---- Data excerpts
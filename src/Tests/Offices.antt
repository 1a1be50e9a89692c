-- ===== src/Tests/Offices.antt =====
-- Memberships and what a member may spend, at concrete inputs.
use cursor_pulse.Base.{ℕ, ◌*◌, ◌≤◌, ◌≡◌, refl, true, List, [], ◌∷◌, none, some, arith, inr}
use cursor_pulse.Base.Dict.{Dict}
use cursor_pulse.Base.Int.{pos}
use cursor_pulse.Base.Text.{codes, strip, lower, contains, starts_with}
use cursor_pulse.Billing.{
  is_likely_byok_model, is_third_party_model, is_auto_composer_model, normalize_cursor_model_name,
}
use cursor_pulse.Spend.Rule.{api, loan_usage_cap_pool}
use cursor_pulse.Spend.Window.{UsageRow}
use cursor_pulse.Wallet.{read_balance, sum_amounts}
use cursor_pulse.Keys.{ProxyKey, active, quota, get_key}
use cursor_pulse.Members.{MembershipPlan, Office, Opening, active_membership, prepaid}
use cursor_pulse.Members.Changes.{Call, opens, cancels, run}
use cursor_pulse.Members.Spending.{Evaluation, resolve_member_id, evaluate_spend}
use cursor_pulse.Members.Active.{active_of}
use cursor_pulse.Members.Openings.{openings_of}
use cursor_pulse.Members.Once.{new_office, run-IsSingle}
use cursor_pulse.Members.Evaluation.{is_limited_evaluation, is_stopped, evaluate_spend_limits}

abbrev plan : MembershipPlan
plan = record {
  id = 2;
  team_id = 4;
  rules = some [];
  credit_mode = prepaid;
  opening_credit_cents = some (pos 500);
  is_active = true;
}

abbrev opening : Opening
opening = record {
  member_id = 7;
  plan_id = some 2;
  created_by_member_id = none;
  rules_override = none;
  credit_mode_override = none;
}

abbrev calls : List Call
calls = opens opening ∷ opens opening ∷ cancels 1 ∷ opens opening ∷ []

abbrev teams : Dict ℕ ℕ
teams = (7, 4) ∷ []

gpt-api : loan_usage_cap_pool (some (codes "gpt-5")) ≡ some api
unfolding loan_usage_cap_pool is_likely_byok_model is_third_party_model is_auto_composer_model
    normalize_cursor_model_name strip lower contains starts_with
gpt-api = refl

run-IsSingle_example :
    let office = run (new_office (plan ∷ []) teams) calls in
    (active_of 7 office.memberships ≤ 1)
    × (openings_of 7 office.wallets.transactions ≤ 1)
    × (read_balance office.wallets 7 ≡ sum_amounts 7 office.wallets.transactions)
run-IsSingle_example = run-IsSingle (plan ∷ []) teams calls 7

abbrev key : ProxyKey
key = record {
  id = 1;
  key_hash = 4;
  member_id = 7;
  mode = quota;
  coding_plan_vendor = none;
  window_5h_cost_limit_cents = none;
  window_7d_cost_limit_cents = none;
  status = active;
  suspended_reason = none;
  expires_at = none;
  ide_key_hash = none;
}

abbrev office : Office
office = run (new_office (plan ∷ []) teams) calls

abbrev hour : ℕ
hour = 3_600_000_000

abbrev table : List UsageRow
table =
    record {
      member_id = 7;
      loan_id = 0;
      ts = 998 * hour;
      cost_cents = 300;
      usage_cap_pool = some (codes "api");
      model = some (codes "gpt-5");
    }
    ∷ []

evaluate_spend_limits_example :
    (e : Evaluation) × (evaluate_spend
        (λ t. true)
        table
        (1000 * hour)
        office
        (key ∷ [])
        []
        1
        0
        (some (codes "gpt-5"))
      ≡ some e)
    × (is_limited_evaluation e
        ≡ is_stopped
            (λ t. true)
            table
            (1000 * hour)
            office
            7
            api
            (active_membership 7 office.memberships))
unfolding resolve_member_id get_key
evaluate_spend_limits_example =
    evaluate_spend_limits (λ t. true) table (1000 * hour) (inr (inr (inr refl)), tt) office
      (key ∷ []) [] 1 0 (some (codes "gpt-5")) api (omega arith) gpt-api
--------
> [Prompt] If a line of the data above holds the string "prepaid", count it, then give only the final number.

> [Result of this exercise] 2